Alan Reeks, director of government affairs for Hanover Co‑op Food Stores, told the committee the bill would preserve a tested path for local food entrepreneurs moving from farmers markets to retail shelves. "Raising the threshold to $30,000 allows producers to stay focused on quality and community connections," Reeks said, noting his co‑op sources about "$19,000,000 worth of local food each year," about "65% of that comes from Vermont." Reeks said the sales threshold creates "breathing room small producers need to test, grow, and refine offerings before taking on excessive requirements and cost."
Office of Legislative Counsel staff identified the current working draft as 3.1 and described a single recent change submitted by the Department of Health. Katie McDonough said the draft adds a specific category for some home‑canned goods: "Home canned pickles, vegetables, or fruits having an equilibrium pH value of 4.6 or lower or a water activity value of 0.85 or less that are made using recipes approved by the National Center for Home Food Preservation or reviewed by a processing authority for safety." McDonough said that change appears as a highlighted addition in draft 3.1.
Committee members and Department of Health staff also discussed how quickly rules implementing the bill could take effect. The draft includes language permitting emergency rulemaking and a statutory statement that the health‑and‑welfare standard for emergency rules is "deemed to have been met," which would allow an emergency rule to be used while permanent rules are developed and subject to full public comment. Jessica Chapono of the Department of Health said the department would need to consult legal counsel about process timing but that staff "believe that we can do the emergency rule making process and have things in place by July 1." McDonough added that permanent rules typically take "the shortest would be 6 months. More likely, it's closer to 9 months," so emergency rules could make the provisions operable months earlier than waiting for permanent rules alone.
Committee members also debated how narrowly to define a "home kitchen." The committee discussed drafting language so a cottage food operator could be someone producing in a principal kitchen area "in the person's private residential dwelling or on the person's private property," language the committee read into the record. Staff noted that the regulatory rule currently defines "home kitchen" as the principal area where food is prepared and utensils are washed; the committee discussed whether to reference that rule definition or to expand the statutory language to explicitly include kitchens on private property beyond the main dwelling.

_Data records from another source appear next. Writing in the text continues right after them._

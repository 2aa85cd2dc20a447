-- ===== src/Text/UrlQueryLaws.antt =====
-- net/url as backend/internal/feed/normalize/normalize.go uses it: the values of a query are shorter than
-- its text.
use afghanistan_news.Base.{
  ℕ, suc, ◌-◌, ◌≤◌, Bool, true, false, Option, none, some, List, [], ◌∷◌, ◌==◌, All, any, length,
  inl, inr, ◌||◌, Bool-cases, arith, if◌then◌else◌,
}
use afghanistan_news.Query.Cursor.{Bytes}
use afghanistan_news.Api.Session.{bytes_eq}
use afghanistan_news.Text.UrlQuery.{
  hex_digit, and_byte, and_hex, plus_space, unescape, and_first, pieces, cut_equals, Groups,
  and_value, and_pair, group_pieces, parse_query,
}

abbrev FitsIn : ℕ → Option Bytes → Type 0
FitsIn n none = Unit {0}
FitsIn n (some t) = length t ≤ n

FitsIn-if :
    (n : ℕ) (b : Bool) (m o : Option Bytes)
    → FitsIn n m
    → FitsIn n o
    → FitsIn n (if b then m else o)
FitsIn-if n true m o h k = h
FitsIn-if n false m o h k = k

and_byte-FitsIn : (n c : ℕ) (o : Option Bytes) → FitsIn n o → FitsIn (suc n) (and_byte c o)
and_byte-FitsIn n c none h = tt
and_byte-FitsIn n c (some t) h = omega (arith, h)

and_hex-FitsIn :
    (n : ℕ) (a b : Option ℕ) (o : Option Bytes)
    → FitsIn n o
    → FitsIn (suc (suc (suc n))) (and_hex a b o)
and_hex-FitsIn n none b o h = tt
and_hex-FitsIn n (some a) none o h = tt
and_hex-FitsIn n (some a) (some b) none h = tt
and_hex-FitsIn n (some a) (some b) (some t) h = omega (arith, h)

unescape-FitsIn : (s : Bytes) → FitsIn (length s) (unescape s)
unfolding unescape
unescape-FitsIn [] = omega arith
unescape-FitsIn (c ∷ []) = FitsIn-if 1 (c == 37) none (some (plus_space c ∷ [])) tt (omega arith)
unescape-FitsIn (c ∷ (x ∷ [])) =
    FitsIn-if 2 (c == 37) none _ tt
      (and_byte-FitsIn 1 (plus_space c) (unescape (x ∷ [])) (unescape-FitsIn (x ∷ [])))
unescape-FitsIn (c ∷ (x ∷ (y ∷ s))) =
    FitsIn-if (suc (suc (suc (length s)))) (c == 37) _ _
      (and_hex-FitsIn (length s) (hex_digit x) (hex_digit y) (unescape s) (unescape-FitsIn s))
      (and_byte-FitsIn (suc (suc (length s))) (plus_space c) (unescape (x ∷ (y ∷ s)))
        (unescape-FitsIn (x ∷ (y ∷ s))))

-- The value stands after the byte =, which it has not.
length-cut_equals : (s : Bytes) → length (cut_equals s).1 ≤ length s - 1
unfolding cut_equals
length-cut_equals [] = omega arith
length-cut_equals (c ∷ s) = ground (arith, length-cut_equals s)

abbrev AllFit : ℕ → List Bytes → Type 0
AllFit n ps = All (λ (p : Bytes). length p ≤ n) ps

AllFit-grow : (n : ℕ) (ps : List Bytes) → AllFit n ps → AllFit (suc n) ps
AllFit-grow n [] h = tt
AllFit-grow n (p ∷ ps) h = (omega (arith, h.0), AllFit-grow n ps h.1)

and_first-AllFit : (n c : ℕ) (ps : List Bytes) → AllFit n ps → AllFit (suc n) (and_first c ps)
and_first-AllFit n c [] h = (omega arith, tt)
and_first-AllFit n c (p ∷ ps) h = (omega (arith, h.0), AllFit-grow n ps h.1)

pieces-AllFit : (s : Bytes) → AllFit (length s) (pieces s)
unfolding pieces
pieces-AllFit [] = (omega arith, tt)
pieces-AllFit (c ∷ s) = elim (Bool-cases (c == 38)) [
  | inl e ↦ rw e ((omega arith, AllFit-grow (length s) (pieces s) (pieces-AllFit s)))
  | inr e ↦ rw e (and_first-AllFit (length s) c (pieces s) (pieces-AllFit s))
]

-- Every value of every key.
abbrev pub ValuesFit : ℕ → Groups → Type 0
ValuesFit n [] = Unit {0}
ValuesFit n ((k, vs) ∷ rest) = AllFit n vs × ValuesFit n rest

and_value-ValuesFit :
    (n : ℕ) (k v : Bytes) (g : Groups)
    → length v ≤ n
    → ValuesFit n g
    → ValuesFit n (and_value k v g)
unfolding and_value
and_value-ValuesFit n k v [] h w = ((h, tt), tt)
and_value-ValuesFit n k v ((j, vs) ∷ rest) h w = elim (Bool-cases (bytes_eq j k)) [
  | inl e ↦ rw e (((h, w.0), w.1))
  | inr e ↦ rw e ((w.0, and_value-ValuesFit n k v rest h w.1))
]

and_pair-ValuesFit :
    (n : ℕ) (a b : Option Bytes) (g : Groups)
    → FitsIn n b
    → ValuesFit n g
    → ValuesFit n (and_pair a b g)
and_pair-ValuesFit n none b g h w = w
and_pair-ValuesFit n (some k) none g h w = w
and_pair-ValuesFit n (some k) (some v) g h w = and_value-ValuesFit n k v g h w

FitsIn-le : (m n : ℕ) (o : Option Bytes) → m ≤ n → FitsIn m o → FitsIn n o
FitsIn-le m n none l h = tt
FitsIn-le m n (some t) l h = omega (arith, l, h)

value_fits : (n : ℕ) (p : Bytes) → length p ≤ n → FitsIn (n - 1) (unescape (cut_equals p).1)
value_fits n p h =
    FitsIn-le (length (cut_equals p).1) (n - 1) _ (omega (arith, length-cut_equals p, h))
      (unescape-FitsIn (cut_equals p).1)

group_pieces-ValuesFit :
    (n : ℕ) (ps : List Bytes) → AllFit n ps → ValuesFit (n - 1) (group_pieces ps)
unfolding group_pieces
group_pieces-ValuesFit n [] h = tt
group_pieces-ValuesFit n (p ∷ ps) h =
    let rest = group_pieces-ValuesFit n ps h.1 in
    elim (Bool-cases (bytes_eq p [] || any (λ c. c == 59) p)) [
      | inl e ↦ rw e rest
      | inr e ↦ rw e (
          and_pair-ValuesFit (n - 1) (unescape (cut_equals p).0) (unescape (cut_equals p).1)
            (group_pieces ps) (value_fits n p h.0) rest)
    ]

-- A value of a query is shorter than the query, or both are empty.
pub parse_query-ValuesFit : (raw : Bytes) → ValuesFit (length raw - 1) (parse_query raw)
unfolding parse_query
parse_query-ValuesFit raw = group_pieces-ValuesFit (length raw) (pieces raw) (pieces-AllFit raw)
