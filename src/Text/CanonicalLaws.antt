-- ===== src/Text/CanonicalLaws.antt =====
-- backend/internal/feed/normalize/normalize.go: CanonicalizeURL ends, and what it takes for one URL.
use afghanistan_news.Base.{
  ℕ, zero, suc, ◌-◌, ◌≤◌, ◌<◌, Bool-cases, false, ◌||◌, some, [], ◌∷◌, ◌≡◌, ◌≢◌, refl, sym, ◌∙◌,
  inl, inr, length, Option-cases, arith,
}
use afghanistan_news.Base.Text.{codes, contains}
use afghanistan_news.Query.Cursor.{Bytes}
use afghanistan_news.Text.UrlQuery.{Groups, parse_query}
use afghanistan_news.Text.UrlQueryLaws.{ValuesFit, parse_query-ValuesFit}
use afghanistan_news.Text.Canonical.{
  ParsedUrl, UrlLib, value_of, clean_path, canonical_host, without_query, normalized_form,
  google_target, Canonicalized, out_of_fuel, url_error, forms, checked, own_forms, or_own,
  canonicalize,
}

-- The documented forms of what the code calls: the query of a URL is a part of its text, and
-- strings.TrimSpace makes no text longer.
pub record IsPlausible (l : UrlLib) : Type 0 where
  pub query_inside :
      (raw : Bytes) (u : ParsedUrl) → l.parse raw ≡ some u → length u.raw_query ≤ length raw
  pub trim_shortens : (raw : Bytes) → length (l.trim raw) ≤ length raw

value_of-fits : (n : ℕ) (key : Bytes) (g : Groups) → ValuesFit n g → length (value_of key g) ≤ n
unfolding value_of
value_of-fits n key [] h = omega arith
value_of-fits n key ((k, []) ∷ rest) h = ground (arith, value_of-fits n key rest h.1)
value_of-fits n key ((k, v ∷ vs) ∷ rest) h = ground (arith, h.0.0, value_of-fits n key rest h.1)

-- The target of a redirect is a value of the query.
target_fits : (u : ParsedUrl) → length (google_target u) ≤ length u.raw_query - 1
unfolding google_target
target_fits u = elim (Bool-cases (contains u.host (codes "news.google.com"))) [
  | inl e ↦ rw e (
      value_of-fits (length u.raw_query - 1) (codes "url") (parse_query u.raw_query)
        (parse_query-ValuesFit u.raw_query))
  | inr e ↦ rw e (omega arith)
]

parsed_text :
    (l : UrlLib) (raw t : Bytes) (u : ParsedUrl)
    → l.trim raw ≡ t
    → checked l raw ≡ some u
    → l.parse t ≡ some u
unfolding checked
parsed_text l raw [] u e h = absurd (ground (arith, e, h))
parsed_text l raw (c ∷ s) u e h = ground (arith, e, h)

length-pos : (s : Bytes) → s ≢ [] → 0 < length s
length-pos [] h = absurd (h refl)
length-pos (c ∷ s) h = omega arith

target_shorter :
    (l : UrlLib) (raw : Bytes) (u : ParsedUrl)
    → IsPlausible l
    → checked l raw ≡ some u
    → google_target u ≢ []
    → length (google_target u) < length raw
target_shorter l raw u plausible e some_target =
    let inside = plausible.query_inside (l.trim raw) u (parsed_text l raw (l.trim raw) u refl e) in
    omega (
      arith,
      target_fits u,
      inside,
      plausible.trim_shortens raw,
      length-pos (google_target u) some_target,
    )

own-ne-out : (l : UrlLib) (u : ParsedUrl) → own_forms l u ≢ out_of_fuel
unfolding own_forms
own-ne-out l u e = cc

or_own-ne-out :
    (a own : Canonicalized) → a ≢ out_of_fuel → own ≢ out_of_fuel → or_own a own ≢ out_of_fuel
or_own-ne-out (forms n c) own h k e = cc
or_own-ne-out url_error own h k e = k e
or_own-ne-out out_of_fuel own h k e = h refl

after_target :
    (l : UrlLib) (fuel : ℕ) (u : ParsedUrl) (target : Bytes)
    → (target ≢ [] → canonicalize l fuel target ≢ out_of_fuel)
    → elim target as (λ _. Canonicalized) [
      | [] ↦ own_forms l u
      | c ∷ s ↦ or_own (canonicalize l fuel (c ∷ s)) (own_forms l u)
    ]
      ≢ out_of_fuel
after_target l fuel u [] h = own-ne-out l u
after_target l fuel u (c ∷ s) h = or_own-ne-out _ _ (h (λ e. cc)) (own-ne-out l u)

-- However often a redirect of Google News holds another one in its query, the recursion of
-- CanonicalizeURL ends: it makes at most one call for each byte of the text and one more. Of the parser
-- of URLs only this is assumed, that a query is no longer than the URL, and that trimming makes no text
-- longer.
pub canonicalize-ne-out :
    (l : UrlLib) (fuel : ℕ) (raw : Bytes)
    → IsPlausible l
    → length raw < fuel
    → canonicalize l fuel raw ≢ out_of_fuel
unfolding canonicalize
canonicalize-ne-out l zero raw plausible enough = absurd (omega arith)
canonicalize-ne-out l (suc fuel) raw plausible enough = elim (Option-cases (checked l raw)) [
  | inl n ↦ rw (n, canonicalize) (λ e. cc)
  | inr (u, e) ↦
      rw (e, canonicalize)
        (after_target l fuel u (google_target u) λ some_target.
          canonicalize-ne-out l fuel (google_target u) plausible
            (omega (arith, target_shorter l raw u plausible e some_target)))
]

-- Two URLs with the same scheme, host, port and path, and with any queries.
pub record SameButQuery (u v : ParsedUrl) : Type 0 where
  pub scheme : u.scheme ≡ v.scheme
  pub hostname : u.hostname ≡ v.hostname
  pub port : u.port ≡ v.port
  pub path : u.path ≡ v.path

same_base :
    (l : UrlLib) (u v : ParsedUrl) → SameButQuery u v → without_query l u ≡ without_query l v
unfolding without_query canonical_host
same_base l u v h = λ i.
    without_query l
      (record u { scheme = h.scheme i; hostname = h.hostname i; port = h.port i; path = h.path i })

plain :
    (l : UrlLib) (u : ParsedUrl)
    → (contains (clean_path u.path) (codes "/story")
        || contains (clean_path u.path) (codes "/article"))
      ≡ false
    → normalized_form l u ≡ without_query l u
unfolding normalized_form
plain l u h = rw (h, normalized_form) refl

own_result :
    (l : UrlLib) (fuel : ℕ) (raw : Bytes) (u : ParsedUrl) (n c : Bytes)
    → checked l raw ≡ some u
    → google_target u ≡ []
    → canonicalize l (suc fuel) raw ≡ forms n c
    → n ≡ normalized_form l u
unfolding canonicalize own_forms
own_result l fuel raw u n c e t h = ground (arith, e, t, h)

-- Two URLs that are no redirects, differ in their queries only, and have neither /story nor /article in
-- their paths, get the same normalized form: searches for two different things are one URL to it.
pub queries_collapse :
    (l : UrlLib) (f g : ℕ) (raw raw' : Bytes) (u v : ParsedUrl) (n c n' c' : Bytes)
    → checked l raw ≡ some u
    → checked l raw' ≡ some v
    → google_target u ≡ []
    → google_target v ≡ []
    → SameButQuery u v
    → (contains (clean_path u.path) (codes "/story")
        || contains (clean_path u.path) (codes "/article"))
      ≡ false
    → canonicalize l (suc f) raw ≡ forms n c
    → canonicalize l (suc g) raw' ≡ forms n' c'
    → n ≡ n'
queries_collapse l f g raw raw' u v n c n' c' e e' t t' same path h h' =
    own_result l f raw u n c e t h
    ∙ plain l u path
    ∙ same_base l u v same
    ∙ sym (plain l v (rw same.path at path))
    ∙ sym (own_result l g raw' v n' c' e' t' h')
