-- ===== src/Pack/Outline.antt =====
-- backend/internal/feed/opml/opml.go: outlines, their priority and tier, and validateOutline. The
-- messages of the errors are constructors; net/url and the functions on texts are the record Reading.
use afghanistan_news.Base.{
  ℕ, String, Bool, not, ◌||◌, Option, none, some, str_eq, leb, if◌then◌else◌,
}
use afghanistan_news.Model.{
  SourceType, official_realtime, validated_direct, direct_publisher, opportunity_feed, tender_feed,
  aggregator_search, PollTier, breaking_tier, high_tier, opportunity_tier, slow_tier, normal_tier,
}

-- The parts of a URL that are looked at.
pub record UrlParts : Type 0 where
  pub scheme : String
  pub host : String

-- TrimSpace and ToLower, url.Parse, and three functions of opml.go that work on characters: slug,
-- normalizeLanguage and normalizeFeedURL.
pub record Reading : Type 0 where
  pub trim : String → String
  pub lower : String → String
  pub parse_url : String → Option UrlParts
  pub slug : String → String
  pub language_of : String → String
  pub feed_url_key : String → String

-- The attributes of an <outline>, and its children.
pub record Attributes : Type 0 where
  pub text : String
  pub title : String
  pub xml_url : String
  pub html_url : String
  pub language : String
  pub source_type : String
  pub priority : String
  pub scope : String
  pub category_key : String

mutual
  pub data XmlOutline : Type 0 where
    outline : Attributes → XmlOutlines → XmlOutline

  pub data XmlOutlines : Type 0 where
    no_outlines : XmlOutlines
    and_then : XmlOutline → XmlOutlines → XmlOutlines

pub data Invalid : Type 0 where
  invalid_url missing_host missing_title : Invalid
  unsupported_scheme duplicate_url : String → Invalid

pub record Outline : Type 0 where
  pub title : String
  pub xml_url : String
  pub html_url : String
  pub language : String
  pub source_type : SourceType
  pub priority : ℕ
  pub scope : String
  pub category_key : String
  pub folder_key : String
  pub folder_title : String
  pub invalid : Option Invalid

unfoldable pub first_non_empty : Reading → String → String → String
first_non_empty r a b =
    if not (str_eq (r.trim a) "")
    then r.trim a
    else if not (str_eq (r.trim b) "")
    then r.trim b
    else ""

-- strings.EqualFold is read as equality in lower case.
unfoldable pub map_priority : Reading → String → String → ℕ
map_priority r raw kind =
    let k = r.lower (r.trim kind) in
    let p = r.lower (r.trim raw) in
    if str_eq k "official-realtime"
    then 5
    else if str_eq k "validated-direct"
    then (if str_eq p "low" then 4 else 5)
    else if str_eq k "experimental"
    then 1
    else if str_eq p "high" || str_eq p "urgent" || str_eq p "5"
    then 4
    else if str_eq p "normal" || str_eq p "3"
    then 3
    else if str_eq p "low" || str_eq p "2"
    then 2
    else if str_eq p "1"
    then 1
    else 3

unfoldable pub poll_tier_for : SourceType → ℕ → PollTier
poll_tier_for official_realtime priority = breaking_tier
poll_tier_for validated_direct priority = if leb 5 priority then high_tier else normal_tier
poll_tier_for direct_publisher priority = if leb 4 priority then high_tier else normal_tier
poll_tier_for opportunity_feed priority = opportunity_tier
poll_tier_for tender_feed priority = opportunity_tier
poll_tier_for aggregator_search priority = if leb priority 2 then slow_tier else normal_tier
poll_tier_for _ priority = normal_tier

abbrev pub is_web : String → Bool
is_web scheme = str_eq scheme "http" || str_eq scheme "https"

-- The error of validateOutline.
unfoldable pub outline_error : Reading → Outline → Option Invalid
outline_error r o = elim (r.parse_url o.xml_url) [
  | none ↦ some invalid_url
  | some u ↦
      if not (is_web (r.lower u.scheme))
      then some (unsupported_scheme u.scheme)
      else if str_eq u.host ""
      then some missing_host
      else if str_eq (r.trim o.title) ""
      then some missing_title
      else none
]

-- An HTML URL that is not one of the web is dropped.
unfoldable pub clean_html : Reading → String → String
clean_html r html = elim (r.parse_url html) [
  | none ↦ ""
  | some u ↦ if is_web u.scheme then html else ""
]

-- validateOutline: the outline as it leaves it, and its error.
unfoldable pub validate_outline : Reading → Outline → Outline × Option Invalid
unfolding outline_error clean_html
validate_outline r o = elim (outline_error r o) [
  | some e ↦ (o, some e)
  | none ↦ (record o { html_url = clean_html r o.html_url }, none)
]
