-- ===== src/Pack/Parse.antt =====
-- backend/internal/feed/opml/opml.go: the walk of Parse over the tree of outlines, ValidFeeds and
-- InvalidFeeds. The decoding of XML is outside.
use afghanistan_news.Base.{
  ℕ, suc, String, Bool, not, Option, none, some, List, [], ◌∷◌, ◌++◌, str_eq, is_some, select,
  if◌then◌else◌,
}
use afghanistan_news.Base.Maps.{Map, get, put}
use afghanistan_news.Model.{parse_source_type}
use afghanistan_news.Pack.Outline.{
  Reading, Attributes, XmlOutline, outline, XmlOutlines, no_outlines, and_then, Invalid,
  duplicate_url, Outline, first_non_empty, map_priority, validate_outline,
}

-- What the walk has found: the outlines in the order of the document, the titles by URL, the number
-- of the errors and of the folders.
pub record Walk : Type 0 where
  pub outlines : List Outline
  pub seen : Map String
  pub errors : ℕ
  pub folders : ℕ

unfoldable pub new_outline : Reading → Attributes → String → String → Outline
unfolding first_non_empty map_priority
new_outline r a folder_key folder_title = record {
  title = first_non_empty r a.title a.text;
  xml_url = r.trim a.xml_url;
  html_url = r.trim a.html_url;
  language = r.language_of a.language;
  source_type = parse_source_type (r.lower (r.trim a.source_type));
  priority = map_priority r a.priority a.source_type;
  scope = r.trim a.scope;
  category_key = first_non_empty r a.category_key folder_key;
  folder_key = folder_key;
  folder_title = folder_title;
  invalid = none;
}

unfoldable pub folder_key_of : Reading → Attributes → String
folder_key_of r a =
    if not (str_eq (r.trim a.category_key) "")
    then r.trim a.category_key
    else if not (str_eq (r.slug a.title) "")
    then r.slug a.title
    else r.slug a.text

-- An outline that is not valid is kept with its error.
unfoldable pub reject : Outline → Invalid → Walk → Walk
reject o e w = record w {
  outlines = w.outlines ++ (record o { invalid = some e } ∷ []);
  errors = suc w.errors;
}

-- A valid outline is kept unless an earlier one has its URL.
unfoldable pub place : Reading → Outline → Option Invalid → Walk → Walk
unfolding reject
place r o (some e) w = reject o e w
place r o none w = elim (get w.seen (r.feed_url_key o.xml_url)) [
  | some prev ↦ reject o (duplicate_url prev) w
  | none ↦ record w {
    outlines = w.outlines ++ (o ∷ []);
    seen = put w.seen (r.feed_url_key o.xml_url) o.title;
  }
]

unfoldable pub add_outline : Reading → Outline → Walk → Walk
unfolding place validate_outline
add_outline r o w = let v = validate_outline r o in place r v.0 v.1 w

unfoldable pub is_feed : Reading → Attributes → Bool
is_feed r a = not (str_eq (r.trim a.xml_url) "")

unfoldable mutual
  unfolding is_feed add_outline new_outline folder_key_of

  pub walk : Reading → XmlOutlines → String → String → Walk → Walk
  walk r no_outlines key title w = w
  walk r (and_then n ns) key title w = walk r ns key title (walk_one r n key title w)

  pub walk_one : Reading → XmlOutline → String → String → Walk → Walk
  walk_one r (outline a children) key title w =
      let inside =
        walk r children (folder_key_of r a) (first_non_empty r a.title a.text)
          (record w { folders = suc w.folders }) in
      if is_feed r a then add_outline r (new_outline r a key title) w else inside

unfoldable pub parse_outlines : Reading → XmlOutlines → Walk
unfolding walk
parse_outlines r body =
    walk r body "" "" (record { outlines = []; seen = []; errors = 0; folders = 0 })

unfoldable pub valid_feeds : Walk → List Outline
valid_feeds d = select (λ (o : Outline). not (is_some o.invalid)) d.outlines

unfoldable pub invalid_feeds : Walk → List Outline
invalid_feeds d = select (λ (o : Outline). is_some o.invalid) d.outlines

There was no formal vote during the exchanged testimony. Committee staff indicated they would circulate a clean draft and the panel took a brief recess to continue work on the bill and other agenda items.
The testimony combined technical food‑safety details (pH and water activity thresholds and approved recipes), questions about the geographic and physical scope of covered kitchens, and procedural questions about timelines for emergency versus permanent rulemaking. Stakeholders urged careful drafting and outreach to Vermont food makers so the Department of Health would consult with local producers during rule development.
Looking ahead, committee members asked Department of Health staff to clarify the emergency‑rule legal process and timing and to confirm how the department would engage producers in drafting permanent rules. The committee paused for a short break to continue work on the bill and to hear additional witnesses later in the session.